There is a massive deer herd as well that runs between Winchester Pike, Hamilton, Rd., 270 , all the way west to Alum Cr. Dr and back North to 104. Same herd the City(or ODNR, maybe both) pays to have sharpshooters come in to shoot the deer out of at night. 

There is also an incredibly increasing amount of coyote there. 

These sightings and the population of all these critters will only get worse as the deer herds and other huntable wildlife disappears in the more rural areas that allow hunting. Naturally, it's a food chain thing.


----------



## Snyd (May 5, 2004)

I am pretty sure it was a Bobcat - I got a really good look at it as I passed by. I just was trying to convince myself that it was not since it is rare to see one in Canal/Groveport.


----------



## Kylesfishin (Jun 11, 2013)

My wife has seen a coyote a few times, right next to the on ramp from 33 to Hamilton Rd. Who would have thought that so many animals would be living right there?


----------



## cobrass11 (Aug 8, 2014)

I can almost assure you that it was not a bobcat. Its a common mistake people make. Not many if any bobcats in ohio. We have lynx in ohio. They look very similar but there is a difference. 
Just my 2 cents


----------



## Kylesfishin (Jun 11, 2013)

cobrass11 said:


> I can almost assure you that it was not a bobcat. Its a common mistake people make. Not many if any bobcats in ohio. We have lynx in ohio. They look very similar but there is a difference.
> Just my 2 cents


Actually, Lynx is a genus, not a species. The Bobcat is a species of Lynx (Lynx rufus). There are 3 other species of Lynx (Canada Lynx, Eurasian Lynx, and Iberian Lynx), but none of them live in or near Ohio. 

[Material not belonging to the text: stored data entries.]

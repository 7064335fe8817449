-- ===== src/Record/Load/Liquidity.antt =====
-- internal/fetch/record/event.go: the readers of the events of liquidity that is added.
use midgard.Base.{◌||◌, none, some, List, [], ◌∷◌, ◌++◌, if◌then◌else◌}
use midgard.Base.Bytes.{Bytes, str, codes, same, has_suffix, without_suffix}
use midgard.Base.Int.{pos}
use midgard.Record.Blocks.{Attribute}
use midgard.Record.Events.{AddBase, Stake}
use midgard.Record.Notices.Transfers.{PendingLiquidity}
use midgard.Record.Load.Reader.{
  ◌>>=◌, Settings, Load, ok, fail, unknown, is, set, each, to_lower_bytes, is_nil,
}
use midgard.Record.Load.Texts.{number}

-- `AddBase.parse`: the fields that both events have, and the attributes that are left.
abbrev pub tx_id_suffix : Bytes
tx_id_suffix = codes "_txid"

unfoldable pub base_attribute :
    Attribute → AddBase × List Attribute → Load (AddBase × List Attribute)
base_attribute a (e, remainder) =
    if is a "pool"
    then ok (record e { pool = some a.value }, remainder)
    else if is a "THOR_txid"
    then ok (
      record e { rune_tx = some a.value; rune_chain = some (without_suffix a.key tx_id_suffix) },
      remainder,
    )
    else if is a "rune_address"
    then ok (record e { rune_addr = some a.value }, remainder)
    else if is a "rune_amount"
    then set (number "malformed rune_amount" a.value) (λ v. (record e { rune_e8 = v }, remainder))
    else if is a "asset_amount"
    then set (number "malformed asset_amount" a.value) (λ v. (record e { asset_e8 = v }, remainder))
    else if is a "asset_address"
    then ok (record e { asset_addr = some a.value }, remainder)
    else if is a "memo"
    then ok (record e { memo = some a.value }, remainder)
    else if has_suffix a.key tx_id_suffix
    then (if is_nil e.asset_chain
        then ok (
          record e {
            asset_chain = some (without_suffix a.key tx_id_suffix);
            asset_tx = some a.value;
          },
          remainder,
        )
        else fail "preceded by another txid")
    else ok (e, remainder ++ a ∷ [])

abbrev pub lower_asset_addr : Settings → AddBase → AddBase
lower_asset_addr cfg e =
    if cfg.case_insensitive_chains (str e.asset_chain)
    then record e { asset_addr = to_lower_bytes e.asset_addr }
    else e

unfoldable pub parse_base : Settings → List Attribute → Load (AddBase × List Attribute)
parse_base cfg attrs = do
  (e, remainder) ← each base_attribute attrs (
    record {
      pool = none;
      asset_tx = none;
      asset_chain = none;
      asset_addr = none;
      asset_e8 = pos 0;
      rune_tx = none;
      rune_chain = none;
      rune_addr = none;
      memo = none;
      rune_e8 = pos 0;
    },
    [],
  )
  ok (lower_asset_addr cfg e, remainder)

unfoldable pub pending_liquidity_attribute : Attribute → PendingLiquidity → Load PendingLiquidity
pending_liquidity_attribute a e =
    if is a "type"
    then (if same a.value (codes "add") || same a.value (codes "withdraw")
        then ok (record e { pending_type = some a.value })
        else unknown "unknown pending_liquidity type" e)
    else unknown "unknown pending_liquidity event attribute" e

unfoldable pub load_pending_liquidity : Settings → List Attribute → Load PendingLiquidity
load_pending_liquidity cfg attrs = do
  (base, remainder) ← parse_base cfg attrs
  each pending_liquidity_attribute remainder (record { base = base; pending_type = none })

unfoldable pub stake_attribute : Attribute → Stake → Load Stake
stake_attribute a e =
    if is a "liquidity_provider_units"
    then set (number "malformed liquidity_provider_units" a.value)
        (λ v. record e { stake_units = v })
    else unknown "unknown stake event attribute" e

unfoldable pub load_stake : Settings → List Attribute → Load Stake
load_stake cfg attrs = do
  (base, remainder) ← parse_base cfg attrs
  each stake_attribute remainder (record { base = base; stake_units = pos 0 })
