-- ===== src/Record/Load/Moves.antt =====
-- internal/fetch/record/event.go: the readers of the events of trade accounts and secured assets, and of
-- affiliate fees.
use midgard.Base.{none, some, List, if◌then◌else◌}
use midgard.Base.Int.{pos}
use midgard.Record.Blocks.{Attribute}
use midgard.Record.Events.{AccountMove, AffiliateFee}
use midgard.Record.Load.Reader.{Load, ok, unknown, is, set, each}
use midgard.Record.Load.Texts.{number}

unfoldable pub trade_account_withdraw_attribute : Attribute → AccountMove → Load AccountMove
trade_account_withdraw_attribute a e =
    if is a "tx_id"
    then ok (record e { tx = some a.value })
    else if is a "amount"
    then set (number "malformed key" a.value) (λ v. record e { amt_e8 = v })
    else if is a "asset"
    then ok (record e { asset = some a.value })
    else if is a "asset_address"
    then ok (record e { asset_addr = some a.value })
    else if is a "rune_address"
    then ok (record e { rune_addr = some a.value })
    else unknown "unknown trade_account_withdraw event attribute" e

unfoldable pub load_trade_account_withdraw : List Attribute → Load AccountMove
load_trade_account_withdraw attrs =
    each trade_account_withdraw_attribute attrs
      (record { tx = none; asset = none; asset_addr = none; rune_addr = none; amt_e8 = pos 0 })

unfoldable pub trade_account_deposit_attribute : Attribute → AccountMove → Load AccountMove
trade_account_deposit_attribute a e =
    if is a "tx_id"
    then ok (record e { tx = some a.value })
    else if is a "amount"
    then set (number "malformed key" a.value) (λ v. record e { amt_e8 = v })
    else if is a "asset"
    then ok (record e { asset = some a.value })
    else if is a "asset_address"
    then ok (record e { asset_addr = some a.value })
    else if is a "rune_address"
    then ok (record e { rune_addr = some a.value })
    else unknown "unknown trade_account_deposit event attribute" e

unfoldable pub load_trade_account_deposit : List Attribute → Load AccountMove
load_trade_account_deposit attrs =
    each trade_account_deposit_attribute attrs
      (record { tx = none; asset = none; asset_addr = none; rune_addr = none; amt_e8 = pos 0 })

unfoldable pub secure_asset_withdraw_attribute : Attribute → AccountMove → Load AccountMove
secure_asset_withdraw_attribute a e =
    if is a "tx_id"
    then ok (record e { tx = some a.value })
    else if is a "amount"
    then set (number "malformed key" a.value) (λ v. record e { amt_e8 = v })
    else if is a "asset"
    then ok (record e { asset = some a.value })
    else if is a "asset_address"
    then ok (record e { asset_addr = some a.value })
    else if is a "rune_address"
    then ok (record e { rune_addr = some a.value })
    else unknown "unknown secure_asset_withdraw event attribute" e

unfoldable pub load_secure_asset_withdraw : List Attribute → Load AccountMove
load_secure_asset_withdraw attrs =
    each secure_asset_withdraw_attribute attrs
      (record { tx = none; asset = none; asset_addr = none; rune_addr = none; amt_e8 = pos 0 })

unfoldable pub secure_asset_deposit_attribute : Attribute → AccountMove → Load AccountMove
secure_asset_deposit_attribute a e =
    if is a "tx_id"
    then ok (record e { tx = some a.value })
    else if is a "amount"
    then set (number "malformed key" a.value) (λ v. record e { amt_e8 = v })
    else if is a "asset"
    then ok (record e { asset = some a.value })
    else if is a "asset_address"
    then ok (record e { asset_addr = some a.value })
    else if is a "rune_address"
    then ok (record e { rune_addr = some a.value })
    else unknown "unknown secure_asset_deposit event attribute" e

unfoldable pub load_secure_asset_deposit : List Attribute → Load AccountMove
load_secure_asset_deposit attrs =
    each secure_asset_deposit_attribute attrs
      (record { tx = none; asset = none; asset_addr = none; rune_addr = none; amt_e8 = pos 0 })

unfoldable pub affiliate_fee_attribute : Attribute → AffiliateFee → Load AffiliateFee
affiliate_fee_attribute a e =
    if is a "tx_id"
    then ok (record e { tx = some a.value })
    else if is a "rune_address"
    then ok (record e { rune_addr = some a.value })
    else if is a "fee_amount"
    then set (number "malformed key" a.value) (λ v. record e { fee_amt = v })
    else if is a "gross_amount"
    then set (number "malformed key" a.value) (λ v. record e { gross_amt = v })
    else if is a "fee_bps"
    then set (number "malformed key" a.value) (λ v. record e { fee_bps = v })
    else if is a "memo"
    then ok (record e { memo = some a.value })
    else if is a "thorname"
    then ok (record e { thor_name = some a.value })
    else if is a "asset"
    then ok (record e { asset = some a.value })
    else unknown "unknown affiliate_fee event attribute" e

unfoldable pub load_affiliate_fee : List Attribute → Load AffiliateFee
load_affiliate_fee attrs = each affiliate_fee_attribute attrs (record {
  tx = none;
  fee_amt = pos 0;
  gross_amt = pos 0;
  fee_bps = pos 0;
  thor_name = none;
  rune_addr = none;
  memo = none;
  asset = none;
})
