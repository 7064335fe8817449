-- ===== src/Record/Load/Nodes.antt =====
-- internal/fetch/record/event.go: the readers of the events of nodes and vaults.
use midgard.Base.{false, ◌||◌, none, some, List, [], if◌then◌else◌}
use midgard.Base.Bytes.{split_all}
use midgard.Base.Int.{pos}
use midgard.Record.Blocks.{Attribute}
use midgard.Record.Notices.Nodes.{
  ActiveVault, InactiveVault, NewNode, SetIpAddress, SetNodeKeys, SetVersion,
  UpdateNodeAccountStatus, ValidatorRequestLeave, SlashPoints, SetNodeMimir, Version,
  TssKeygenSuccess, TssKeygenFailure, Message,
}
use midgard.Record.Load.Reader.{Load, ok, unknown, is, set, each}
use midgard.Record.Load.Texts.{number, parse_bool}

unfoldable pub active_vault_attribute : Attribute → ActiveVault → Load ActiveVault
active_vault_attribute a e =
    if is a "add new asgard vault"
    then ok (record e { add_asgard_addr = some a.value })
    else unknown "unknown ActiveVault event attribute" e

unfoldable pub load_active_vault : List Attribute → Load ActiveVault
load_active_vault attrs = each active_vault_attribute attrs (record { add_asgard_addr = none })

unfoldable pub inactive_vault_attribute : Attribute → InactiveVault → Load InactiveVault
inactive_vault_attribute a e =
    if is a "set asgard vault to inactive"
    then ok (record e { add_asgard_addr = some a.value })
    else unknown "unknown InactiveVault event attribute" e

unfoldable pub load_inactive_vault : List Attribute → Load InactiveVault
load_inactive_vault attrs = each inactive_vault_attribute attrs (record { add_asgard_addr = none })

unfoldable pub message_attribute : Attribute → Message → Load Message
message_attribute a e =
    if is a "sender"
    then ok (record e { from_addr = some a.value })
    else if is a "action"
    then ok (record e { action = some a.value })
    else if is a "module"
    then ok e
    else unknown "unknown message event attribute" e

unfoldable pub load_message : List Attribute → Load Message
load_message attrs = each message_attribute attrs (record { from_addr = none; action = none })

unfoldable pub new_node_attribute : Attribute → NewNode → Load NewNode
new_node_attribute a e =
    if is a "address"
    then ok (record e { node_addr = some a.value })
    else unknown "unknown new_node event attribute" e

unfoldable pub load_new_node : List Attribute → Load NewNode
load_new_node attrs = each new_node_attribute attrs (record { node_addr = none })

unfoldable pub set_ip_address_attribute : Attribute → SetIpAddress → Load SetIpAddress
set_ip_address_attribute a e =
    if is a "thor_address"
    then ok (record e { node_addr = some a.value })
    else if is a "address"
    then ok (record e { ip_addr = some a.value })
    else unknown "unknown set_ip_address event attribute" e

unfoldable pub load_set_ip_address : List Attribute → Load SetIpAddress
load_set_ip_address attrs =
    each set_ip_address_attribute attrs (record { node_addr = none; ip_addr = none })

unfoldable pub set_node_keys_attribute : Attribute → SetNodeKeys → Load SetNodeKeys
set_node_keys_attribute a e =
    if is a "node_address"
    then ok (record e { node_addr = some a.value })
    else if is a "node_secp256k1_pubkey"
    then ok (record e { secp256k1 = some a.value })
    else if is a "node_ed25519_pubkey"
    then ok (record e { ed25519 = some a.value })
    else if is a "validator_consensus_pub_key"
    then ok (record e { validator_consensus = some a.value })
    else unknown "unknown set_node_keys event attribute" e

unfoldable pub load_set_node_keys : List Attribute → Load SetNodeKeys
load_set_node_keys attrs =
    each set_node_keys_attribute attrs
      (record { node_addr = none; secp256k1 = none; ed25519 = none; validator_consensus = none })

unfoldable pub set_version_attribute : Attribute → SetVersion → Load SetVersion
set_version_attribute a e =
    if is a "thor_address"
    then ok (record e { node_addr = some a.value })
    else if is a "version"
    then ok (record e { version = a.value })
    else unknown "unknown set_version event attribute" e

unfoldable pub load_set_version : List Attribute → Load SetVersion
load_set_version attrs =
    each set_version_attribute attrs (record { node_addr = none; version = [] })

unfoldable pub update_node_account_status_attribute :
    Attribute → UpdateNodeAccountStatus → Load UpdateNodeAccountStatus
update_node_account_status_attribute a e =
    if is a "Address"
    then ok (record e { node_addr = some a.value })
    else if is a "Former:"
    then ok (record e { former = some a.value })
    else if is a "Current:"
    then ok (record e { current = some a.value })
    else unknown "unknown UpdateNodeAccountStatus event attribute" e

unfoldable pub load_update_node_account_status : List Attribute → Load UpdateNodeAccountStatus
load_update_node_account_status attrs =
    each update_node_account_status_attribute attrs
      (record { node_addr = none; former = none; current = none })

unfoldable pub validator_request_leave_attribute :
    Attribute → ValidatorRequestLeave → Load ValidatorRequestLeave
validator_request_leave_attribute a e =
    if is a "txid" || is a "tx"
    then ok (record e { tx = some a.value })
    else if is a "signer" || is a "signer bnb address"
    then ok (record e { from_addr = some a.value })
    else if is a "node" || is a "destination"
    then ok (record e { node_addr = some a.value })
    else unknown "unknown validator_request_leave event attribute" e

unfoldable pub load_validator_request_leave : List Attribute → Load ValidatorRequestLeave
load_validator_request_leave attrs =
    each validator_request_leave_attribute attrs
      (record { tx = none; from_addr = none; node_addr = none })

unfoldable pub slash_points_attribute : Attribute → SlashPoints → Load SlashPoints
slash_points_attribute a e =
    if is a "reason"
    then ok (record e { reason = some a.value })
    else if is a "node_address"
    then ok (record e { node_address = some a.value })
    else if is a "slash_points"
    then set (number "malformed slash points" a.value) (λ v. record e { slash_points = v })
    else unknown "unknown slash points event attribute" e

unfoldable pub load_slash_points : List Attribute → Load SlashPoints
load_slash_points attrs =
    each slash_points_attribute attrs
      (record { node_address = none; slash_points = pos 0; reason = none })

unfoldable pub set_node_mimir_attribute : Attribute → SetNodeMimir → Load SetNodeMimir
set_node_mimir_attribute a e =
    if is a "address"
    then ok (record e { address = some a.value })
    else if is a "key"
    then ok (record e { value = some a.value })
    else if is a "value"
    then set (number "malformed value" a.value) (λ v. record e { key = v })
    else unknown "unknown set_node_mimir event attribute" e

unfoldable pub load_set_node_mimir : List Attribute → Load SetNodeMimir
load_set_node_mimir attrs =
    each set_node_mimir_attribute attrs (record { address = none; key = pos 0; value = none })

unfoldable pub version_attribute : Attribute → Version → Load Version
version_attribute a e =
    if is a "version"
    then ok (record e { version = some a.value })
    else unknown "unknown version event attribute" e

unfoldable pub load_version : List Attribute → Load Version
load_version attrs = each version_attribute attrs (record { version = none })

unfoldable pub tss_keygen_failure_attribute : Attribute → TssKeygenFailure → Load TssKeygenFailure
tss_keygen_failure_attribute a e =
    if is a "blame"
    then ok (record e { blame_nodes = some (split_all b',' b' ' a.value) })
    else if is a "height"
    then set (number "malformed key" a.value) (λ v. record e { height = v })
    else if is a "round"
    then ok (record e { round = some a.value })
    else if is a "is_unicast"
    then set (parse_bool "malformed key" a.value) (λ v. record e { is_uni_cast = v })
    else if is a "reason"
    then ok (record e { reason = some a.value })
    else unknown "unknown tss_keygen_failure event attribute" e

unfoldable pub load_tss_keygen_failure : List Attribute → Load TssKeygenFailure
load_tss_keygen_failure attrs = each tss_keygen_failure_attribute attrs (record {
  reason = none;
  is_uni_cast = false;
  blame_nodes = none;
  round = none;
  height = pos 0;
})

unfoldable pub tss_keygen_success_attribute : Attribute → TssKeygenSuccess → Load TssKeygenSuccess
tss_keygen_success_attribute a e =
    if is a "pubkey"
    then ok (record e { pub_key = some a.value })
    else if is a "height"
    then set (number "malformed key" a.value) (λ v. record e { height = v })
    else if is a "members"
    then ok (record e { members = some (split_all b',' b' ' a.value) })
    else unknown "unknown tss_keygen_success event attribute" e

unfoldable pub load_tss_keygen_success : List Attribute → Load TssKeygenSuccess
load_tss_keygen_success attrs =
    each tss_keygen_success_attribute attrs
      (record { pub_key = none; members = none; height = pos 0 })
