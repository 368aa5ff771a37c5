-- ===== src/Spooler/Invariant/Switches.antt =====
-- `disable` and `enable` of hw4/src/main.c keep what holds of the tables.
use c_language.Prelude.{
  ℕ, zero, suc, ◌≤◌, ◌≡◌, refl, sym, ap, ◌∙◌, inl, inr, List, [], ◌∷◌, All, ◌==◌, Bool-cases,
  same_text,
}
use c_language.Spooler.State.{Text, Printer, Spooler}
use c_language.Spooler.Schedule.{
  Switch, disable_row, disable_loop, enable_row, enable_loop, switched, disable, enable,
}
use c_language.Spooler.Invariant.{row, catalogue, busy_at, IsSpooler}
use c_language.Spooler.Invariant.Tables.{Always}

-- Two tables of printers that differ in their switches at most.
record Alike (a b : List Printer) : Type 0 where
  rows : catalogue b ≡ catalogue a
  busy_same : (k : ℕ) → busy_at b k ≡ busy_at a k
  flags_same : All (λ p. p.busy ≤ 1) a → All (λ p. p.busy ≤ 1) b

Alike-refl : (a : List Printer) → Alike a a
Alike-refl a = record { rows = refl; busy_same = λ k. refl; flags_same = λ h. h }

Alike-cons :
    (p q : Printer) (a b : List Printer)
    → row q ≡ row p
    → q.busy ≡ p.busy
    → Alike a b
    → Alike (p ∷ a) (q ∷ b)
unfolding busy_at
Alike-cons p q a b e f h = record {
  rows = ap (λ z. z ∷ catalogue b) e ∙ ap (λ z. row p ∷ z) h.rows;
  busy_same = same;
  flags_same = λ g. (rw f g.0, h.flags_same g.1);
}
  where
    same : (k : ℕ) → busy_at (q ∷ b) k ≡ busy_at (p ∷ a) k
    same zero = f
    same (suc k) = h.busy_same k

disable_row-Alike :
    (name : Text) (p : Printer) (ps : List Printer) (r : Switch)
    → Alike ps r.1
    → Alike (p ∷ ps) (disable_row name p ps r).1
unfolding disable_row
disable_row-Alike name p ps r h = elim (Bool-cases (same_text p.name name)) [
  | inl e ↦ elim (Bool-cases (p.enabled == 0)) [
    | inl f ↦ rw (e, f) (Alike-refl _)
    | inr f ↦ rw (e, f) (Alike-cons p _ ps _ refl refl h)
  ]
  | inr e ↦ rw e (Alike-cons p p ps _ refl refl h)
]

enable_row-Alike :
    (name : Text) (p : Printer) (ps : List Printer) (r : Switch)
    → Alike ps r.1
    → Alike (p ∷ ps) (enable_row name p ps r).1
unfolding enable_row
enable_row-Alike name p ps r h = elim (Bool-cases (same_text p.name name)) [
  | inl e ↦ elim (Bool-cases (p.enabled == 1)) [
    | inl f ↦ rw (e, f) (Alike-refl _)
    | inr f ↦ rw (e, f) (Alike-cons p _ ps _ refl refl h)
  ]
  | inr e ↦ rw e (Alike-cons p p ps _ refl refl h)
]

disable_loop-Alike : (name : Text) (ps : List Printer) → Alike ps (disable_loop name ps).1
unfolding disable_loop
disable_loop-Alike name [] = Alike-refl []
disable_loop-Alike name (p ∷ ps) =
    disable_row-Alike name p ps (disable_loop name ps) (disable_loop-Alike name ps)

enable_loop-Alike : (name : Text) (ps : List Printer) → Alike ps (enable_loop name ps).1
unfolding enable_loop
enable_loop-Alike name [] = Alike-refl []
enable_loop-Alike name (p ∷ ps) =
    enable_row-Alike name p ps (enable_loop name ps) (enable_loop-Alike name ps)

switched-IsSpooler :
    (s : Spooler) (r : Switch)
    → Alike s.printers r.1
    → IsSpooler s
    → Always IsSpooler (switched s r)
unfolding switched
switched-IsSpooler s r h i = record {
  matched = record {
    ids = rw h.rows i.matched.ids;
    served = rw h.rows i.matched.served;
    flags = h.flags_same i.matched.flags;
    balanced = λ k. i.matched.balanced k ∙ sym (h.busy_same k);
  };
  names = rw h.rows i.names;
  printers_room = rw h.rows i.printers_room;
  jobs_room = i.jobs_room;
  types_room = i.types_room;
  conversions_room = i.conversions_room;
  printable = rw h.rows i.printable;
  declared = i.declared;
  jobids = i.jobids;
}

pub disable-IsSpooler :
    (s : Spooler) (name : Text) → IsSpooler s → Always IsSpooler (disable s name)
disable-IsSpooler s name i = switched-IsSpooler s _ (disable_loop-Alike name s.printers) i

pub enable-IsSpooler : (s : Spooler) (name : Text) → IsSpooler s → Always IsSpooler (enable s name)
enable-IsSpooler s name i = switched-IsSpooler s _ (enable_loop-Alike name s.printers) i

Also, per the ODNR website, "The bobcat is a species that is native to Ohio...This cat has been sighted occasionally since 1850 and may be on the verge of returning "home" to Ohio; between 1970 and 2009 there have been 359 verified reports of bobcats in the state, 92 of these reports occurred in 2009."


----------



## Slab assassin 55 (Jan 27, 2013)

There are definitely Bobcats in Ohio. We had one on our trail cam two years ago. Also my buddy's dad trapped on in a trap havahart traps while trying to rid his shed of raccoons they live in a wooded area. There may not be a lot but there is defiantly some.


----------



## CPK (Jan 31, 2015)

I've seen several coyotes within a mile or two of the meijer at diley/hill and 33


----------



## toothypike (Mar 27, 2009)

We get 1 or 2 bobcat a year on trail cameras, and have seen 3 in person at different times. Muskingum county.


----------



## turkeyt (Apr 13, 2006)

I don't know why anyone would think there are not bobcats in some parts of Ohio. They said the same thing about bears and people see them where they are not suppose to be. What area was the bear shot by authorities in Ohio?? There are a lot of critters out there who have adapted.


----------



## STRONGPERSUADER (Nov 5, 2006)

We had a few bears up here in portage cty. Plenty of yotes too. Seen a few bobcat camping south of Mohican a few years back. We had poured some bacon grease out and it came in real close.


----------



## Fish-N-Fool (Apr 12, 2004)

We have no trail cam pictures, but we have been seeing bobcats in Pike county just south of 124 for the last 4 seasons. It is only 1 to 3 sightings per season....always right at dusk for us also.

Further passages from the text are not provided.